The author notes that the companies people now hold up as AI winners started small, only further reinforcing the point that the venture model has not been rewritten. Cursor's first round was less than $10 million, ElevenLabs' was $2 million, Legora's was $11 million, Sierra's was $25 million, and Cohere's first round was $5 million. Today, every one of those companies is valued north of $5 billion and generating hundreds of millions in revenue. The author argues that this is the more representative data point, rather than the exception of Project Prometheus at $6.2 billion.

The Road Ahead

The author concludes that raising a massive first round does not inherently make a company more likely to generate venture size returns for its investors. Sometimes it's a necessary cost of doing business, but the venture math is unforgiving. High entry prices leave less room for the upside to accrue, regardless of the underlying opportunity. The author argues that the playbook that has worked across every prior technology wave is to buy meaningful ownership in capital-efficient companies at prices that leave room for the upside.

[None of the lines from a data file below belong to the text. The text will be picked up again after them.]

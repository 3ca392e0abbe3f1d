-- ===== src/Raft/Sane/Leader.antt =====
-- The sending methods of a leader, in a group of nodes that talk to each other only.
use cs525_project.Common.{
  ℕ, suc, ◌-◌, Option, none, some, List, [], ◌∷◌, All-get_elem?, get_elem?, Option-cases, inl, inr,
  Bool-cases, String, ltb, length,
}
use cs525_project.Protocol.{Entry}
use cs525_project.Raft.State.{raise, ◌>>=◌}
use cs525_project.Raft.Leader.{
  assign_next, assign_match, assign_heard, send_to_node, send_to_current, broadcast_append_entries,
  LeaderClock, send_committal_to, send_committals, broadcast_commit_entries, send_entry, resend_to,
  resend,
}
use cs525_project.Raft.Relates.{Relation, Relates, relates_rules, Relates-pure, Relates-bind}
use cs525_project.Raft.Sane.{
  IsHonest, honest, IsSane, IsSaneAppend, send_heartbeat-IsHonest, send_append_entries-IsHonest,
  send_committal-IsHonest, send_vote-IsHonest,
}
use cs525_project.Raft.Sane.Log.{
  set_current_role-IsHonest, increment_term-IsHonest, commit_entry-IsHonest, append_entry-IsHonest,
  get_client_request-IsHonest, request-legal,
}

module _ {P : Entry → Type 0} {ids : List String} where
  pub assign_next-IsHonest :
      (node : ℕ) (index : Option ℕ) → Relates (honest P ids) (assign_next node index)
  unfolding assign_next raise
  assign_next-IsHonest node index = record {
    at = λ s h. elim (Bool-cases (ltb node (length s.next_index))) [
      | inl y ↦ rw y (record {
        member = h.member;
        started = h.started;
        entries = h.entries;
        queued = h.queued;
        sent = h.sent;
      })
      | inr n ↦ rw n h
    ];
  }

  pub assign_match-IsHonest : (node index : ℕ) → Relates (honest P ids) (assign_match node index)
  unfolding assign_match raise
  assign_match-IsHonest node index = record {
    at = λ s h. elim (Bool-cases (ltb node (length s.match_index))) [
      | inl y ↦ rw y (record {
        member = h.member;
        started = h.started;
        entries = h.entries;
        queued = h.queued;
        sent = h.sent;
      })
      | inr n ↦ rw n h
    ];
  }

  pub assign_heard-IsHonest : (node now : ℕ) → Relates (honest P ids) (assign_heard node now)
  unfolding assign_heard raise
  assign_heard-IsHonest node now = record {
    at = λ s h. elim (Bool-cases (ltb node (length s.heard_from))) [
      | inl y ↦ rw y (record {
        member = h.member;
        started = h.started;
        entries = h.entries;
        queued = h.queued;
        sent = h.sent;
      })
      | inr n ↦ rw n h
    ];
  }

pub ruleset honest_rules = (
  relates_rules, assign_next-IsHonest, assign_match-IsHonest, assign_heard-IsHonest,
  append_entry-IsHonest, send_heartbeat-IsHonest, send_append_entries-IsHonest,
  send_committal-IsHonest, commit_entry-IsHonest,
)

module _ {P : Entry → Type 0} {ids : List String} where
  pub send_to_node-IsHonest :
      (i t : ℕ) (e : Entry) (node : ℕ) → P e → Relates (honest P ids) (send_to_node i t e node)
  unfolding send_to_node
  send_to_node-IsHonest i t e node p = search honest_rules depth 9

  send_to_current-IsHonest :
      (i t : ℕ) (e : Entry) (node : ℕ) (nodes : List (Option ℕ))
      → P e
      → Relates (honest P ids) (send_to_current i t e node nodes)
  unfolding send_to_current
  send_to_current-IsHonest i t e node [] p = Relates-pure tt
  send_to_current-IsHonest i t e node (some _ ∷ rest) p =
      send_to_current-IsHonest i t e (suc node) rest p
  send_to_current-IsHonest i t e node (none ∷ rest) p =
      Relates-bind _ _ (send_to_node-IsHonest i t e node p)
        (λ _. send_to_current-IsHonest i t e (suc node) rest p)

  pub broadcast_append_entries-IsHonest :
      (e : Entry) → P e → Relates (honest P ids) (broadcast_append_entries e)
  unfolding broadcast_append_entries
  broadcast_append_entries-IsHonest e p = search (honest_rules, send_to_current-IsHonest) depth 10

  send_committal_to-IsHonest :
      (node index : ℕ) → Relates (honest P ids) (send_committal_to node index)
  unfolding send_committal_to
  send_committal_to-IsHonest node index = search honest_rules depth 8

  send_committals-IsHonest :
      (node : ℕ) (nodes : List ℕ) → Relates (honest P ids) (send_committals node nodes)
  unfolding send_committals
  send_committals-IsHonest node [] = Relates-pure tt
  send_committals-IsHonest node (index ∷ rest) =
      Relates-bind _ _ (send_committal_to-IsHonest node index)
        (λ _. send_committals-IsHonest (suc node) rest)

  pub broadcast_commit_entries-IsHonest :
      (index : ℕ) → Relates (honest P ids) (broadcast_commit_entries index)
  unfolding broadcast_commit_entries
  broadcast_commit_entries-IsHonest index = search (honest_rules, send_committals-IsHonest) depth 8

  -- The entry that is sent stands in the log.
  pub send_entry-IsHonest :
      (index : ℕ) (to : Option String) → Relates (honest P ids) (send_entry index to)
  unfolding send_entry ◌>>=◌
  send_entry-IsHonest index to = record {
    at = λ s h. elim (Option-cases (get_elem? s.log (index - 1))) [
      | inl e ↦ rw e h
      | inr (prev, e) ↦ elim (Option-cases (get_elem? s.log index)) [
        | inl e' ↦ rw (e, e') h
        | inr (entry, e') ↦
            rw (e, e')
              (send_append_entries-IsHonest (index - 1) prev.term entry to s
                (All-get_elem? P s.log index entry h.entries e') h)
      ]
    ];
  }

  resend_to-IsHonest :
      (c : LeaderClock) (node index : ℕ) → Relates (honest P ids) (resend_to c node index)
  unfolding resend_to
  resend_to-IsHonest c node index = search (honest_rules, send_entry-IsHonest) depth 9

  pub resend-IsHonest :
      (c : LeaderClock) (node : ℕ) (nodes : List (Option ℕ))
      → Relates (honest P ids) (resend c node nodes)
  unfolding resend
  resend-IsHonest c node [] = Relates-pure tt
  resend-IsHonest c node (none ∷ rest) = resend-IsHonest c (suc node) rest
  resend-IsHonest c node (some index ∷ rest) =
      Relates-bind _ _ (resend_to-IsHonest c node index) (λ _. resend-IsHonest c (suc node) rest)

This playbook doesn't make for dramatic headlines in 2025, but it's what the historical data, from Google to Uber to Cursor, consistently vindicates.

Key points

  • Large first rounds in biotech have produced a handful of strong outcomes for first-check investors, but a very long tail of modest ones.
  • Capital intensity is not a moat, and raising a massive first round does not inherently make a company more likely to generate venture size returns for its investors.
  • The playbook that has worked across every prior technology wave is to buy meaningful ownership in capital-efficient companies at prices that leave room for the upside.
The Upside

If the trend of AI companies starting small and growing to be worth billions continues, it could lead to a new wave of successful startups. This could also lead to more opportunities for investors to get in on the ground floor of these companies and potentially see high returns.

The Downside

If the trend of high entry prices leaving less room for the upside to accrue continues, it could lead to a decrease in the number of successful startups. This could also lead to a decrease in the number of opportunities for investors to get in on the ground floor of these companies and potentially see high returns.

Originally reported at

news.crunchbase.com

Discernion covers the story. Read the full piece at the source.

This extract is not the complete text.